Hi and welcome back to Second Chance to Live my friend. I am so glad you decided to stop by and visit with me. I have been thinking about a topic that presents the individual with a conundrum. The state of being alone can be perceived as a threat or a blessing. I have come to understand that the distinction lies with in the unconscious mind of the individual. Many times the distinction remains blurred because of a lack of knowledge.
Through my process I have come to understand the distinction. Let me share what I have learned. Early in a child’s development, being alone is often linked to a learned helpless. Without the proactive attention and support from caregiver the needs of the child will go unmet. Unconsciously the child begins to associate the fulfillment of their needs to the presence of their caregiver. Because the child’s well being is connected to the caregiver a dependency is formed.
When the caregiver seeks to have their emotional needs met through the child, the child suffers emotionally. Unknowingly the child assumes responsibility for the caregiver.
Through being dependent, vulnerability is forever linked to having and getting physical and emotional needs met. Consequently, the child is conditioned to believe that if the caregiver is not happy their needs may go unmet. The association between getting and having needs met and care taking the caregiver may subsequently create an internal struggle. The struggle may initially be on a subconscious level, but with time the unspoken expectation (s) becomes clear to the child.
The needs of the child, adolescent and teenager become dependent upon an unconscious formula – I need to make you OK so that we can be OK so that I can be OK with me – in order to get my needs met by you.

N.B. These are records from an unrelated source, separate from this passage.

-- ===== src/Dram/Lifecycle.antt =====
-- internal/store/dram/lifecycle.go: leases, pins and TTLs. Every call is given the time that it would
-- draw from the clock. Pins run under the shard's lock, so each is one step.
pub mod Keeps
pub mod Leases
pub mod Pins
use kvstash.Prelude.{
  ℕ, zero, suc, ◌+◌, ◌-◌, ◌*◌, Bool, true, false, ◌&&◌, not, ltb, leb, ◌==◌, if◌then◌else◌,
}
use kvstash.Dram.BlockRef.{BlockRef, pin_soft_bit, pin_hard_bit, leased, pinned, hard_pinned}

-- The statuses that the lifecycle answers with.
pub data Status : Type 0 where
  status_ok err_pinned err_leased err_pin_quota : Status

-- `pin_cap_for` answers 0 for a namespace without a cap of its own, and so does a nil function.
pub record Lifecycle : Type 0 where
  pub lease_default_ms : ℕ
  pub lease_max_ms : ℕ
  pub pinned_cap : ℕ
  pub pin_cap_for : ℕ → ℕ
  pub debits : ℕ → ℕ
  pub ttl_blocks : ℕ

-- A millisecond in nanoseconds.
abbrev pub millisecond : ℕ
millisecond = 1000000

unfoldable pub clamp_lease_ms : Lifecycle → ℕ → ℕ
clamp_lease_ms l ttl_ms =
    let ms = if ttl_ms == 0 then l.lease_default_ms else ttl_ms in
    if ltb l.lease_max_ms ms then l.lease_max_ms else ms

unfoldable pub extend_lease : BlockRef → ℕ → BlockRef
extend_lease r until = if leb until r.lease_until then r else record r { lease_until = until }

unfoldable pub grant_read_lease : Lifecycle → BlockRef → ℕ → BlockRef
unfolding extend_lease
grant_read_lease l r now =
    let r' = extend_lease r (now + l.lease_default_ms * millisecond) in
    record r' { last_access = now }

unfoldable pub touch : Lifecycle → BlockRef → ℕ → ℕ → Lifecycle × BlockRef
touch l r ttl_ms now =
    let r' = record r { last_access = now } in
    if ltb 0 ttl_ms
    then (
      if r.ttl_until == 0 then record l { ttl_blocks = l.ttl_blocks + 1 } else l,
      record r' { ttl_until = now + ttl_ms * millisecond },
    )
    else (l, r')

unfoldable pub note_ttl_gone : Lifecycle → BlockRef → Lifecycle
note_ttl_gone l r = if r.ttl_until == 0 then l else record l { ttl_blocks = l.ttl_blocks - 1 }

unfoldable pub lease : Lifecycle → BlockRef → ℕ → ℕ → BlockRef
unfolding clamp_lease_ms extend_lease
lease l r ttl_ms now =
    let r' = extend_lease r (now + clamp_lease_ms l ttl_ms * millisecond) in
    record r' { last_access = now }

unfoldable pub release_lease : BlockRef → BlockRef
release_lease r = record r { lease_until = 0 }

-- An entry of the map of debits, which has 0 for a missing key.
unfoldable pub set_debit : (ℕ → ℕ) → ℕ → ℕ → (ℕ → ℕ)
set_debit f ns v m = if m == ns then v else f m

-- The cap that binds a namespace.
unfoldable pub cap_bytes : Lifecycle → ℕ → ℕ
cap_bytes l ns = if ltb 0 (l.pin_cap_for ns) then l.pin_cap_for ns else l.pinned_cap

-- `refund`, in a release build: a debit below zero is set to zero.
unfoldable pub refund : Lifecycle → BlockRef → Lifecycle
unfolding set_debit
refund l r = record l { debits = set_debit l.debits r.ns (l.debits r.ns - r.len) }

unfoldable pub pin : Lifecycle → BlockRef → Bool → Lifecycle × BlockRef × Status
unfolding set_debit cap_bytes refund hard_pinned
pin l r hard =
    if hard && not (hard_pinned r)
    then (if ltb 0 (cap_bytes l r.ns) && ltb (cap_bytes l r.ns) (l.debits r.ns + r.len)
        then (l, r, err_pin_quota)
        else (
          record l { debits = set_debit l.debits r.ns (l.debits r.ns + r.len) },
          record r { pin_flags = pin_hard_bit },
          status_ok,
        ))
    else if hard
    then (l, record r { pin_flags = pin_hard_bit }, status_ok)
    else if hard_pinned r
    then (refund l r, record r { pin_flags = pin_soft_bit }, status_ok)
    else (l, record r { pin_flags = pin_soft_bit }, status_ok)

unfoldable pub unpin : Lifecycle → BlockRef → Lifecycle × BlockRef
unfolding refund hard_pinned
unpin l r = (if hard_pinned r then refund l r else l, record r { pin_flags = 0 })

unfoldable pub can_delete : BlockRef → Bool → ℕ → Status
unfolding hard_pinned leased pinned
can_delete r force now =
    if hard_pinned r
    then err_pinned
    else if force
    then status_ok
    else if leased r now
    then err_leased
    else if pinned r
    then err_pinned
    else status_ok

The child is conditioned to believe that unless the caretaker is happy, the child may not get their needs met. Unconsciously – over time — the child is led to believe that their needs are secondary to pleasing the caregiver. As the individual becomes an adolescent, a teenager and then a young adult the lessons learned as a child are unconsciously transposed on to other relationships. The paradigm between getting their needs met and care taking the needs of other people is blurred.
In essence, the adolescent, the teenager and then the young adult learns that their needs are not as important as satisfying the narcissistic needs of another person.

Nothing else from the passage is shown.